(Dataset records)
......

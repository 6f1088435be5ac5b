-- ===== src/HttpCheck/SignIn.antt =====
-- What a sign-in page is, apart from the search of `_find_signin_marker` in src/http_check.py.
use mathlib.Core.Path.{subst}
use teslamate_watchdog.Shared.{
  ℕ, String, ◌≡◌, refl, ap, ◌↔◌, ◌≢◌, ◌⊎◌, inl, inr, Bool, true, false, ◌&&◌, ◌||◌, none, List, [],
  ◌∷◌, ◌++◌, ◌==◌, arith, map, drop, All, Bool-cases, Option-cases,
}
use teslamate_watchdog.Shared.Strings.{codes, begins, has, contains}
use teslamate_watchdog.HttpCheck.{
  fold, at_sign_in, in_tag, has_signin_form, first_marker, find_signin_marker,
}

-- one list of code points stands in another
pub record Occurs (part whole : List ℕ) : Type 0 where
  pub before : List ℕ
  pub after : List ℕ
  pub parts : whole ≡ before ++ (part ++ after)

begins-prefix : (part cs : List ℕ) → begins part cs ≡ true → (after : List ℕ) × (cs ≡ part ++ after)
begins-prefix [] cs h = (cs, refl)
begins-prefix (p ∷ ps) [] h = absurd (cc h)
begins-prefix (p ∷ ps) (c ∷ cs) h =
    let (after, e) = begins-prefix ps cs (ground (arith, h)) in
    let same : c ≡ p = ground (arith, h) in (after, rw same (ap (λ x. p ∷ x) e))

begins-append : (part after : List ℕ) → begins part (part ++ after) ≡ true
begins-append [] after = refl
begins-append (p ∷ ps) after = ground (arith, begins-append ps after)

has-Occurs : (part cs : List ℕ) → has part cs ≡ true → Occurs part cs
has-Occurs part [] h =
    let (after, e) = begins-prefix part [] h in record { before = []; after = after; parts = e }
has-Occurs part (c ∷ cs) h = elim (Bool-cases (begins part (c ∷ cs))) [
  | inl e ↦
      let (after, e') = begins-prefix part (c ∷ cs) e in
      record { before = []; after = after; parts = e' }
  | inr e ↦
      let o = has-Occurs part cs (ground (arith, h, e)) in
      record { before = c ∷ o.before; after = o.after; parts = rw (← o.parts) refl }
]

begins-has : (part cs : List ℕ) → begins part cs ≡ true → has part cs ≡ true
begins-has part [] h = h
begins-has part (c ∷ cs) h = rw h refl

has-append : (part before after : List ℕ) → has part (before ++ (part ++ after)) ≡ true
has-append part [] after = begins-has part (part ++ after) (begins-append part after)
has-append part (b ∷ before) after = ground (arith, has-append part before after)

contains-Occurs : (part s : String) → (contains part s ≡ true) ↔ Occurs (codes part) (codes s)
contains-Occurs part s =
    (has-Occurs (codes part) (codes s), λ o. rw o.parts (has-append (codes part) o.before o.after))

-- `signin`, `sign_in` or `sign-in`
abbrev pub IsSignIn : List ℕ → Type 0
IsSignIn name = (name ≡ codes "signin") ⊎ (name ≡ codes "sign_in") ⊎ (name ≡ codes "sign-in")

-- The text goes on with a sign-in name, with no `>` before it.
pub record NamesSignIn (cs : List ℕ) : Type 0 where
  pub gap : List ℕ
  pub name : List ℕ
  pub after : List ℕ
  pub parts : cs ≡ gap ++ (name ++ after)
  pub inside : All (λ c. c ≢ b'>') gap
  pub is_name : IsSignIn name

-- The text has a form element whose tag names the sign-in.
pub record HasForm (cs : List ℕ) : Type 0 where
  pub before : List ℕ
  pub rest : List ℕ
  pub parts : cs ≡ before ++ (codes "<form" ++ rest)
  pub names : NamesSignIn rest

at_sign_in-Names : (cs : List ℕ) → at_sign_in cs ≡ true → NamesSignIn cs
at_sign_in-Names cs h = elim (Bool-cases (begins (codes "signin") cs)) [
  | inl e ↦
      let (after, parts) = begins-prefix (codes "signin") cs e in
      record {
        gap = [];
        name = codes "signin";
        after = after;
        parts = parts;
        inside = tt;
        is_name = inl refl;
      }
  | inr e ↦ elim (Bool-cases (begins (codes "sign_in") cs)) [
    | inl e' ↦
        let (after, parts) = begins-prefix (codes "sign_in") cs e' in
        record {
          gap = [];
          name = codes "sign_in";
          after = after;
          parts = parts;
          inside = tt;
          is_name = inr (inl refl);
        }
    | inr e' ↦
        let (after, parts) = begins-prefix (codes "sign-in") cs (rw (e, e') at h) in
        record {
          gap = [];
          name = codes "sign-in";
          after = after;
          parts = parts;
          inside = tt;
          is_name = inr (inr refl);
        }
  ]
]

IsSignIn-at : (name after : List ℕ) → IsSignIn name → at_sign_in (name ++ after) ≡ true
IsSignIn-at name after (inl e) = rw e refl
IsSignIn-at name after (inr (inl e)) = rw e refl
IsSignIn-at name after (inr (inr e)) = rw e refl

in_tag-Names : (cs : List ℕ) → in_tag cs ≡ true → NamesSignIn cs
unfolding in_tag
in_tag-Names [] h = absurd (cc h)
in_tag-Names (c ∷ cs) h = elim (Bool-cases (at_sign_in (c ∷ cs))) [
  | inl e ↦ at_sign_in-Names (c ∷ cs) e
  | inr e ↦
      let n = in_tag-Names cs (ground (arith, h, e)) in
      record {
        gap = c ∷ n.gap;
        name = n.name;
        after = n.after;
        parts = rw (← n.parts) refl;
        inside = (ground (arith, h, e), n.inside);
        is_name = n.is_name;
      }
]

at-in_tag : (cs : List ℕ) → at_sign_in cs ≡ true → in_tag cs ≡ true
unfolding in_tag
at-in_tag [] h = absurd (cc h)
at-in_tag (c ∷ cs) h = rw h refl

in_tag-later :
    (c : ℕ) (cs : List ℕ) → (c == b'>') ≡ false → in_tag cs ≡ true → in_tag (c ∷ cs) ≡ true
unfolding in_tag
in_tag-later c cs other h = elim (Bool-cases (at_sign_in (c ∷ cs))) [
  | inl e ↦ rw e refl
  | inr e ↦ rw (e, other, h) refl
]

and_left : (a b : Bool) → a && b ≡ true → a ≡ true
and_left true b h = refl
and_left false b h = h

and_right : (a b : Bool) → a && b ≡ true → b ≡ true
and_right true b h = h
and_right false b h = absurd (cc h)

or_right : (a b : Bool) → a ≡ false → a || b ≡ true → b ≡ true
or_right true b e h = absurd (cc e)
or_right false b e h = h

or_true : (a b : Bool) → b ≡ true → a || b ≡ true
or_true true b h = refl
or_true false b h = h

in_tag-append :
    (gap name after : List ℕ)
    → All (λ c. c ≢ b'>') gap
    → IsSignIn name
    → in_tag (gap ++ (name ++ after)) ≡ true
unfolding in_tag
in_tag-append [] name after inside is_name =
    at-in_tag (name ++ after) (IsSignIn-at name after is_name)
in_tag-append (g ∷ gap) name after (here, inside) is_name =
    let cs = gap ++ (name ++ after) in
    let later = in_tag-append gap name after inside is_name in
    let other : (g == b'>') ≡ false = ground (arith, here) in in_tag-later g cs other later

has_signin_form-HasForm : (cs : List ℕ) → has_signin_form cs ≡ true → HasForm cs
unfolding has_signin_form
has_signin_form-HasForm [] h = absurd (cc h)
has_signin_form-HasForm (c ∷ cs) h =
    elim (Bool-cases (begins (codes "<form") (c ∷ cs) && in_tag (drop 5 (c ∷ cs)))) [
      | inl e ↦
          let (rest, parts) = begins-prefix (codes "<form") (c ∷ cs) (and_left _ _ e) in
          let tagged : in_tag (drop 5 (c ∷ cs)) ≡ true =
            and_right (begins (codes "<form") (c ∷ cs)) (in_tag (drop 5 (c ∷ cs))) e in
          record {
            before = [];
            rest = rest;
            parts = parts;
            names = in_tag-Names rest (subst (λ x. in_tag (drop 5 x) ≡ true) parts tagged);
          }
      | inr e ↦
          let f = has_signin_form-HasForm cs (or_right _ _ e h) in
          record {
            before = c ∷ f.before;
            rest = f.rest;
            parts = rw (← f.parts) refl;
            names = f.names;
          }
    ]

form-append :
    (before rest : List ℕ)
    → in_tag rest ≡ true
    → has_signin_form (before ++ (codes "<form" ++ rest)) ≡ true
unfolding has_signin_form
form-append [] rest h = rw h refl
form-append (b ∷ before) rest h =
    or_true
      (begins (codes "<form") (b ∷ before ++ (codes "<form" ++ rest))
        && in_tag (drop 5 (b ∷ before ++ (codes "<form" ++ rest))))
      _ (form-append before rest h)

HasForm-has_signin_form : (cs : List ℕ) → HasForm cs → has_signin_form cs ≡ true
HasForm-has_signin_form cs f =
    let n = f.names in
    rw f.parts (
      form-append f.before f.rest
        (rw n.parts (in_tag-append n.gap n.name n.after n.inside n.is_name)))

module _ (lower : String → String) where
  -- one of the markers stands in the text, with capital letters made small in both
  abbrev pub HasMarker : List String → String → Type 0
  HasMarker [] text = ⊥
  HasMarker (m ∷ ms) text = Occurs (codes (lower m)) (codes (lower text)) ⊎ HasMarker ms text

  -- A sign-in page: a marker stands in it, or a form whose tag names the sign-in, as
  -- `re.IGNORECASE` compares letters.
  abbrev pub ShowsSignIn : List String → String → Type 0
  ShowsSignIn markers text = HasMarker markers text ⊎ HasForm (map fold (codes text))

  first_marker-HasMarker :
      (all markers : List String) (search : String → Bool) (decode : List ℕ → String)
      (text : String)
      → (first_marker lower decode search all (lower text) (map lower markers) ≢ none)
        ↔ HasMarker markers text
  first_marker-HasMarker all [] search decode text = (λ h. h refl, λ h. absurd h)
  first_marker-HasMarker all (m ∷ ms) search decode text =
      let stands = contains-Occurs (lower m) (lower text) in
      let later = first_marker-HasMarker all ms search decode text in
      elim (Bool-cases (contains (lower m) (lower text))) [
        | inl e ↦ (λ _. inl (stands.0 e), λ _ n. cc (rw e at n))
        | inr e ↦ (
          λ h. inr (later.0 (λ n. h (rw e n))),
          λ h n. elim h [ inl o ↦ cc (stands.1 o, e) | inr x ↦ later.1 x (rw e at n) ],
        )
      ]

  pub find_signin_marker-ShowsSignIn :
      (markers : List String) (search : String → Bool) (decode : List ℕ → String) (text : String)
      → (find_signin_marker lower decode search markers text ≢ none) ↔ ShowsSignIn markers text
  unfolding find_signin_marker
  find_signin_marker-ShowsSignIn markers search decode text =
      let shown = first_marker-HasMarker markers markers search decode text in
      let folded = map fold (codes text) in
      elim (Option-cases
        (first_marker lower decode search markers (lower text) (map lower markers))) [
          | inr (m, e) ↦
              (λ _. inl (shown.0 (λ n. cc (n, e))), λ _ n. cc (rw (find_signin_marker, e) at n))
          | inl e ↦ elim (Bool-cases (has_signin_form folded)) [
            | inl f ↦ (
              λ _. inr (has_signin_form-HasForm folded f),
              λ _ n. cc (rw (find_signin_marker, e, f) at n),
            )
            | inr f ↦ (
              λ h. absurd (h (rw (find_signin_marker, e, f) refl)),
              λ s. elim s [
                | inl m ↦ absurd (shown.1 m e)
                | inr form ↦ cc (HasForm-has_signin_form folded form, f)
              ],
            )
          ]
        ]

......

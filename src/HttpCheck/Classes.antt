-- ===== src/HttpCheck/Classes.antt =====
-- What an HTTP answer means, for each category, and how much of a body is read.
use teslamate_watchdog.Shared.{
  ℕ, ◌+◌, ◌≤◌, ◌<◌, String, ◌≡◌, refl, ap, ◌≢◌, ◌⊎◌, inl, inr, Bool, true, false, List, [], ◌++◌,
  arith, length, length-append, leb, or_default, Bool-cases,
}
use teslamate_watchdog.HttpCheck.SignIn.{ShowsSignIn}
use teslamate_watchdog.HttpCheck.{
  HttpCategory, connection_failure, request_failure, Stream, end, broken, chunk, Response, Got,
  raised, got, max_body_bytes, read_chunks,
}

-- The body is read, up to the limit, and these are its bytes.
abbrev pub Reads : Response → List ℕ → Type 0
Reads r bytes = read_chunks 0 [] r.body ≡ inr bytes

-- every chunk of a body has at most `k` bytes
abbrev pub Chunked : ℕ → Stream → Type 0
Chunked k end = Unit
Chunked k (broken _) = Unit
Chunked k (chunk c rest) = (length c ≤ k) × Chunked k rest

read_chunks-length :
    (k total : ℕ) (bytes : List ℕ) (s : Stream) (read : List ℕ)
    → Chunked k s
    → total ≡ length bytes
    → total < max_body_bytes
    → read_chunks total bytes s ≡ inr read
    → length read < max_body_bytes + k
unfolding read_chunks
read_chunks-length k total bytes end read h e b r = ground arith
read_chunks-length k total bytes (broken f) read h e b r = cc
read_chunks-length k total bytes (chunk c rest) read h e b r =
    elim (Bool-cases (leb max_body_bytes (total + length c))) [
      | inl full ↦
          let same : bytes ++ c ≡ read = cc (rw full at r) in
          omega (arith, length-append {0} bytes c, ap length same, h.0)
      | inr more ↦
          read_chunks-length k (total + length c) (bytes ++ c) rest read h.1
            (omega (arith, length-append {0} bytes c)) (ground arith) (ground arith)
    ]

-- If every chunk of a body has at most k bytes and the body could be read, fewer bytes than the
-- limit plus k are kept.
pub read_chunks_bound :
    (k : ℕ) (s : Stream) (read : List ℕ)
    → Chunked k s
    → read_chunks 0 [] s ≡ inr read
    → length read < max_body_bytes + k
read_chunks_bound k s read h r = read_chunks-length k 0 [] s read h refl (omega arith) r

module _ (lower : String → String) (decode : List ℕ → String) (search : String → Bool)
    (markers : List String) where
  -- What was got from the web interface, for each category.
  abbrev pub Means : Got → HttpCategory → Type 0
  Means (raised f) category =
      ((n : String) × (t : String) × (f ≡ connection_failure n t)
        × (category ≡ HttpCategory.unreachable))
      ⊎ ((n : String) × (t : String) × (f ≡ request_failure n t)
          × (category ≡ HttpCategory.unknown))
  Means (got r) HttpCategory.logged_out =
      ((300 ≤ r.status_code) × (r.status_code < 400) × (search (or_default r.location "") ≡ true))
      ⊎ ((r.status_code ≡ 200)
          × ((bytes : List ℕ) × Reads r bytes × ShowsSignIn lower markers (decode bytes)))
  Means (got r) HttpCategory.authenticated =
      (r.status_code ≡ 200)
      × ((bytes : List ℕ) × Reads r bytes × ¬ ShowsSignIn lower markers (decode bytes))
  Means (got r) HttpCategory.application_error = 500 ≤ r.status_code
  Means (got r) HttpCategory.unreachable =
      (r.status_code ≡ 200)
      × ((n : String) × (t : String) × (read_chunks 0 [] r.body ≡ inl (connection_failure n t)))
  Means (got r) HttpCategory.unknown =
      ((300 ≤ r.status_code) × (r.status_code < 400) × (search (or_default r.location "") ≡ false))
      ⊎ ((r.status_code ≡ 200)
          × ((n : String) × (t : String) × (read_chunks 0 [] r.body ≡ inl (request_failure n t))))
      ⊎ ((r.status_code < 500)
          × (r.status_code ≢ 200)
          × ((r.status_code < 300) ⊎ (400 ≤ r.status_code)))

......

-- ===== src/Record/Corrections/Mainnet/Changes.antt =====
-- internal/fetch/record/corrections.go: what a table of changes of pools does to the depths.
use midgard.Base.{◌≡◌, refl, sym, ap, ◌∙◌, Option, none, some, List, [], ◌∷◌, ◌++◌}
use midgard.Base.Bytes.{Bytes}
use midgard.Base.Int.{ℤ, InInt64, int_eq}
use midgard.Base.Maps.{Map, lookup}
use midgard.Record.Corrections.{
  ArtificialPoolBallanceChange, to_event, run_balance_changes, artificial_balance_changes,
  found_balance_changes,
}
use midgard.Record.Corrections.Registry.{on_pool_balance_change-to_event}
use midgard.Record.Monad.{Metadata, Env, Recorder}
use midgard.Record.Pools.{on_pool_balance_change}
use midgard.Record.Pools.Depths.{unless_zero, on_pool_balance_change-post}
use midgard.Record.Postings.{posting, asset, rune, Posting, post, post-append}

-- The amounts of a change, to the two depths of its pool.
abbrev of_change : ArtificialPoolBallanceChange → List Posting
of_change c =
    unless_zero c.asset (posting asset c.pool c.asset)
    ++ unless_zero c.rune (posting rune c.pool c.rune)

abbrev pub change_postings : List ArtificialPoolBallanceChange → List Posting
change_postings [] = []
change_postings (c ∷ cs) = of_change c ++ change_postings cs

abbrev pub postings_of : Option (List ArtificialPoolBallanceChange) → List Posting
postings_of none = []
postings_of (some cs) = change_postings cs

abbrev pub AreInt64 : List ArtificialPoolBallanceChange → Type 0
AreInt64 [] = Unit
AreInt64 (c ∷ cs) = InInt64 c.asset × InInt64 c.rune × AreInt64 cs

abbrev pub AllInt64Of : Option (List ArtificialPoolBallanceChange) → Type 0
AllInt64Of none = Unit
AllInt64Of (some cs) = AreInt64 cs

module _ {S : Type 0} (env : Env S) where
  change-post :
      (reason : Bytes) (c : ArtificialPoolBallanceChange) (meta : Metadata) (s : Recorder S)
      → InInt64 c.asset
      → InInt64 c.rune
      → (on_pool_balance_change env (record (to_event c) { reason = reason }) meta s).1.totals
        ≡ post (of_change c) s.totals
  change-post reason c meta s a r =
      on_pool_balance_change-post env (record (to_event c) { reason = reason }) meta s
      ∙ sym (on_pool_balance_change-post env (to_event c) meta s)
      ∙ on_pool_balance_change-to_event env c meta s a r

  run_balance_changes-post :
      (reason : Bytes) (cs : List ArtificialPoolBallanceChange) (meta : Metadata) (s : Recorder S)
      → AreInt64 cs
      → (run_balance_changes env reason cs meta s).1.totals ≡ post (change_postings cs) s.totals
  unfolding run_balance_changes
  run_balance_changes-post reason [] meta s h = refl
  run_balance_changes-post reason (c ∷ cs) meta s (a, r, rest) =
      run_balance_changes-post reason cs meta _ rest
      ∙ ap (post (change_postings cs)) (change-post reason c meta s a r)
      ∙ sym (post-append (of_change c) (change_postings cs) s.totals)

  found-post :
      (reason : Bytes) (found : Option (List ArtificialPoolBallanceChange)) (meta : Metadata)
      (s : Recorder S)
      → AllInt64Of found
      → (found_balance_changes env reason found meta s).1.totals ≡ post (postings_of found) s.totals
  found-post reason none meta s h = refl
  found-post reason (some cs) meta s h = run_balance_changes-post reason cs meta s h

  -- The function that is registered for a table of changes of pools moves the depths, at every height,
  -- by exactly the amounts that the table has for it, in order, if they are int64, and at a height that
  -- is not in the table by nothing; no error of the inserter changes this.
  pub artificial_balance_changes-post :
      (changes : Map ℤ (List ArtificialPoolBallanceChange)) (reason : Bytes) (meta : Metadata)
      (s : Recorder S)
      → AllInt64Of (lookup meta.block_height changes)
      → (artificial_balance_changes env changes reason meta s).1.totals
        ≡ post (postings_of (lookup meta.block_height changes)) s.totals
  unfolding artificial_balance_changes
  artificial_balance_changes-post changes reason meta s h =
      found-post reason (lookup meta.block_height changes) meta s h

......

## Your instructions
Your task is to restate, word for word, only those lines above that fall between the line holding "repository 6f1088435be5ac5b" and the line holding "pub parts : whole", inclusive.

## Task result
repository 6f1088435be5ac5b
-- ===== src/HttpCheck/SignIn.antt =====
-- What a sign-in page is, apart from the search of `_find_signin_marker` in src/http_check.py.
use mathlib.Core.Path.{subst}
use teslamate_watchdog.Shared.{
  ℕ, String, ◌≡◌, refl, ap, ◌↔◌, ◌≢◌, ◌⊎◌, inl, inr, Bool, true, false, ◌&&◌, ◌||◌, none, List, [],
  ◌∷◌, ◌++◌, ◌==◌, arith, map, drop, All, Bool-cases, Option-cases,
}
use teslamate_watchdog.Shared.Strings.{codes, begins, has, contains}
use teslamate_watchdog.HttpCheck.{
  fold, at_sign_in, in_tag, has_signin_form, first_marker, find_signin_marker,
}

-- one list of code points stands in another
pub record Occurs (part whole : List ℕ) : Type 0 where
  pub before : List ℕ
  pub after : List ℕ
  pub parts : whole ≡ before ++ (part ++ after)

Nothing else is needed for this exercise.